● Work instruction
Check each line of the records below for the word "done" and copy those where it appears.

Records excerpted from a collection
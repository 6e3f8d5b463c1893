-- ===== src/Runtime/StreamChannels.antt =====
-- `bind_channel` and `unbind_channel` keep the streams bound.
use softgpu.Base.{
  ℕ, suc, ◌-◌, ◌<◌, ◌≡◌, ◌≢◌, refl, sym, ap, subst, ◌∙◌, ◌⊎◌, inl, inr, List, [], ◌∷◌, ◌++◌, All,
  none, some, not, ◌&&◌, ◌==◌, update, update_self, update_ne, arith, eq_or_ne, Bool-cases,
  Option-cases,
}
use softgpu.Errno.{ok}
use softgpu.Integers.{ℤ}
use softgpu.Device.{priority_least, is_default}
use softgpu.Runtime.{sg_ok, invalid_value, ChanBind, Runtime}
use softgpu.Runtime.Api.{Priorities}
use softgpu.Runtime.Bind.{
  least_users, first_unused, set_priority_from, set_priority_all, take_channel, claim_unused,
  bind_found, bind_channel, unbind_channel,
}
use softgpu.Runtime.ChannelSearch.{
  uses, Agrees, Agrees-users, Agrees-unused, Found, least_users-Found, least_users-none,
  first_unused-some, first_unused-none,
}
use softgpu.Runtime.Bindings.{IsBound, set_priority_from-Programmed}

uses-cons_self : (c : ℕ) (p : ℤ) (l : List (ℕ × ℤ)) → uses c ((c, p) ∷ l) ≡ suc (uses c l)
unfolding uses
uses-cons_self c p l = ground arith

uses-cons_ne : (c k : ℕ) (p : ℤ) (l : List (ℕ × ℤ)) → k ≢ c → uses c ((k, p) ∷ l) ≡ uses c l
unfolding uses
uses-cons_ne c k p l q = ground (arith, q)

-- The priority of a changed channel, whichever channel is asked for.
update-priority :
    (bind : ℕ → ChanBind) (c : ℕ) (b : ChanBind) (j : ℕ)
    → b.priority ≡ (bind c).priority
    → (update bind c b j).priority ≡ (bind j).priority
update-priority bind c b j e = elim (eq_or_ne j c) [
  | inl q ↦
      ap (λ x. (update bind c b x).priority) q
      ∙ ap (λ x. x.priority) (update_self bind c b)
      ∙ e
      ∙ ap (λ x. (bind x).priority) (sym q)
  | inr q ↦ ap (λ x. x.priority) (update_ne bind c j b q)
]

uses_middle :
    (j : ℕ) (xs ys : List (ℕ × ℤ)) (s : ℕ × ℤ) → uses j (xs ++ s ∷ ys) ≡ uses j (s ∷ xs ++ ys)
unfolding uses
uses_middle j [] ys s = refl
uses_middle j ((k, p) ∷ xs) ys s = omega (arith, uses_middle j xs ys s)

All-middle :
    {A : Type 0} (P : A → Type 0) (xs ys : List A) (s : A)
    → All P (xs ++ s ∷ ys)
    → All P (s ∷ xs ++ ys)
All-middle P [] ys s h = h
All-middle P (x ∷ xs) ys s h = let t = All-middle P xs ys s h.1 in (t.0, (h.0, t.1))

module _ {D : Type 0} (api : Priorities D) where
  take_channel-IsBound :
      (rt : Runtime D) (l : List (ℕ × ℤ)) (c : ℕ) (p : ℤ)
      → IsBound api rt l
      → c < rt.num_channels
      → (rt.bind c).priority ≡ p
      → IsBound api (take_channel api rt c).2 ((c, p) ∷ l)
  unfolding take_channel
  take_channel-IsBound rt l c p w h e =
      let b = record (rt.bind c) { users = suc (rt.bind c).users } in
      record {
        counted = λ j. elim (eq_or_ne j c) [
          | inl q ↦
              ap (λ x. (update rt.bind c b x).users) q
              ∙ ap (λ x. x.users) (update_self rt.bind c b)
              ∙ ap suc (w.counted c)
              ∙ sym (uses-cons_self c p l)
              ∙ ap (λ x. uses x ((c, p) ∷ l)) (sym q)
          | inr q ↦
              ap (λ x. x.users) (update_ne rt.bind c j b q)
              ∙ w.counted j
              ∙ sym (uses-cons_ne j c p l (λ s. q (sym s)))
        ];
        agree = (
          (h, ap (λ x. x.priority) (update_self rt.bind c b) ∙ e),
          Agrees-users rt.bind rt.num_channels c b l refl w.agree,
        );
        programmed = λ i j a k. w.programmed i j a k ∙ sym (update-priority rt.bind c b j refl);
        engines = w.engines;
        channels = w.channels;
      }

  -- Programming a channel that no stream has.
  reprogram :
      (rt : Runtime D) (l : List (ℕ × ℤ)) (c : ℕ) (p : ℤ)
      → IsBound api rt l
      → c < rt.num_channels
      → uses c l ≡ 0
      → api.InRange p
      → let (rc, rt') = set_priority_all api rt c p in
        (rc ≡ ok)
        × IsBound api
            (record rt' { bind = update rt'.bind c (record (rt'.bind c) { priority = p }) })
            l
  unfolding set_priority_all
  reprogram rt l c p w h u r =
      let (rc, k) =
        set_priority_from-Programmed api c p 0 rt.num_engines rt.num_engines rt.drv (omega arith)
          (omega (arith, w.engines)) (omega (arith, h, w.channels)) r in
      let b = record (rt.bind c) { priority = p } in
      (
        rc,
        record {
          counted = λ j. elim (eq_or_ne j c) [
            | inl q ↦
                ap (λ x. (update rt.bind c b x).users) q
                ∙ ap (λ x. x.users) (update_self rt.bind c b)
                ∙ w.counted c
                ∙ ap (λ x. uses x l) (sym q)
            | inr q ↦ ap (λ x. x.users) (update_ne rt.bind c j b q) ∙ w.counted j
          ];
          agree = Agrees-unused rt.bind rt.num_channels c b l u w.agree;
          programmed = λ i j a m. elim (eq_or_ne j c) [
            | inl q ↦
                ap (λ x. api.priority (set_priority_from api c p 0 rt.num_engines rt.drv).1 i x) q
                ∙ k.sets i (omega arith) a
                ∙ ap (λ x. x.priority) (sym (update_self rt.bind c b))
                ∙ ap (λ x. (update rt.bind c b x).priority) (sym q)
            | inr q ↦
                k.others i j q
                ∙ w.programmed i j a m
                ∙ ap (λ x. x.priority) (sym (update_ne rt.bind c j b q))
          ];
          engines = k.same_engines ∙ w.engines;
          channels = k.same_channels ∙ w.channels;
        },
      )

  claim_unused-IsBound :
      (rt : Runtime D) (l : List (ℕ × ℤ)) (p : ℤ) (c : ℕ)
      → IsBound api rt l
      → c < rt.num_channels
      → (rt.bind c).users ≡ 0
      → api.InRange p
      → let (e, o, rt') = claim_unused api rt p (some c) in
        (e ≡ sg_ok) × (o ≡ some c) × IsBound api rt' ((c, p) ∷ l)
  unfolding claim_unused set_priority_all
  claim_unused-IsBound rt l p c w h u r =
      let (rc, k) = reprogram rt l c p w h (sym (w.counted c) ∙ u) r in
      let rt' = (set_priority_all api rt c p).1 in
      let b = record (rt'.bind c) { priority = p } in
      let done = record rt' { bind = update rt'.bind c b } in
      rw rc (
        refl,
        refl,
        take_channel-IsBound done l c p k h (ap (λ x. x.priority) (update_self rt'.bind c b)),
      )

  -- A stream of a priority in range is bound to a channel of that priority, and the streams stay
  -- bound; it is refused only when no channel has the priority and each has users, and then nothing
  -- changes.
  pub bind_channel_lem :
      (rt : Runtime D) (l : List (ℕ × ℤ)) (p : ℤ)
      → IsBound api rt l
      → api.InRange p
      → let (e, o, rt') = bind_channel api rt p in
        ((c : ℕ) × (e ≡ sg_ok) × (o ≡ some c) × IsBound api rt' ((c, p) ∷ l))
        ⊎ ((e ≡ invalid_value)
            × (o ≡ none)
            × (rt' ≡ rt)
            × ((c : ℕ)
                → c < rt.num_channels
                → ((rt.bind c).priority ≢ p) × (0 < (rt.bind c).users)))
  unfolding bind_channel bind_found claim_unused Found take_channel
  bind_channel_lem rt l p w r =
      let found =
        least_users-Found rt.bind p 0 rt.num_channels rt.num_channels none (omega arith) tt in
      elim (Option-cases (least_users rt.bind p 0 rt.num_channels none)) [
        | inr (b, q) ↦
            let (c, u) = b in
            let f : Found rt.bind p rt.num_channels (some (c, u)) = rw q at found in
            rw q (inl (c, refl, refl, take_channel-IsBound rt l c p w f.0 f.1))
        | inl q ↦ elim (Option-cases (first_unused rt.bind 0 rt.num_channels)) [
          | inr (c, s) ↦
              let t = first_unused-some rt.bind 0 rt.num_channels c s in
              let m = claim_unused-IsBound rt l p c w (omega (arith, t.0)) t.1 r in
              rw (q, s) (inl (c, m.0, m.1, m.2))
          | inl s ↦
              rw (q, s)
                (inr (
                  refl,
                  refl,
                  refl,
                  λ c h. (
                    least_users-none rt.bind p 0 rt.num_channels q c (omega arith)
                        (omega (arith, h)),
                    first_unused-none rt.bind 0 rt.num_channels s c (omega arith)
                        (omega (arith, h)),
                  ),
                ))
        ]
      ]

  IsBound-move :
      (rt : Runtime D) (xs ys : List (ℕ × ℤ)) (s : ℕ × ℤ)
      → IsBound api rt (xs ++ s ∷ ys)
      → IsBound api rt (s ∷ xs ++ ys)
  IsBound-move rt xs ys s w = record {
    counted = λ c. w.counted c ∙ uses_middle c xs ys s;
    agree = All-middle (Agrees rt.bind rt.num_channels) xs ys s w.agree;
    programmed = w.programmed;
    engines = w.engines;
    channels = w.channels;
  }

  -- One user of a channel less.
  drop_user-IsBound :
      (rt : Runtime D) (l : List (ℕ × ℤ)) (c : ℕ) (p : ℤ)
      → IsBound api rt ((c, p) ∷ l)
      → let b = record (rt.bind c) { users = (rt.bind c).users - 1 } in
        IsBound api (record rt { bind = update rt.bind c b }) l
  drop_user-IsBound rt l c p w =
      let b = record (rt.bind c) { users = (rt.bind c).users - 1 } in
      record {
        counted = λ j. elim (eq_or_ne j c) [
          | inl q ↦
              ap (λ x. (update rt.bind c b x).users) q
              ∙ ap (λ x. x.users) (update_self rt.bind c b)
              ∙ omega (arith, w.counted c, uses-cons_self c p l)
              ∙ ap (λ x. uses x l) (sym q)
          | inr q ↦
              ap (λ x. x.users) (update_ne rt.bind c j b q)
              ∙ w.counted j
              ∙ uses-cons_ne j c p l (λ s. q (sym s))
        ];
        agree = Agrees-users rt.bind rt.num_channels c b l refl w.agree.1;
        programmed = λ i j a k. w.programmed i j a k ∙ sym (update-priority rt.bind c b j refl);
        engines = w.engines;
        channels = w.channels;
      }

  -- When one of the bound streams is destroyed, the others stay bound.
  pub unbind_channel_lem :
      (rt : Runtime D) (xs ys : List (ℕ × ℤ)) (c : ℕ) (p : ℤ)
      → IsBound api rt (xs ++ (c, p) ∷ ys)
      → api.InRange priority_least
      → IsBound api (unbind_channel api rt c) (xs ++ ys)
  unfolding unbind_channel set_priority_all
  unbind_channel_lem rt xs ys c p w0 r =
      let w = IsBound-move rt xs ys (c, p) w0 in
      let b = record (rt.bind c) { users = (rt.bind c).users - 1 } in
      let rt' = record rt { bind = update rt.bind c b } in
      let k = drop_user-IsBound rt (xs ++ ys) c p w in
      elim (Bool-cases ((b.users == 0) && not (is_default b.priority))) [
        | inr f ↦ rw f k
        | inl q ↦
            let u : b.users ≡ 0 = ground (arith, q) in
            let none_left = sym (k.counted c) ∙ ap (λ x. x.users) (update_self rt.bind c b) ∙ u in
            let (rc, t) = reprogram rt' (xs ++ ys) c priority_least k w.agree.0.0 none_left r in
            let reset = (set_priority_all api rt' c priority_least).1 in
            rw (q, rc)
              (subst
                (λ (x : ChanBind).
                  IsBound api
                    (record reset {
                      bind = update reset.bind c (record x { priority = priority_least });
                    })
                    (xs ++ ys))
                (update_self rt.bind c b) t)
      ]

● Exercise output
      let done = record rt' { bind = update rt'.bind c b } in
        take_channel-IsBound done l c p k h (ap (λ x. x.priority) (update_self rt'.bind c b)),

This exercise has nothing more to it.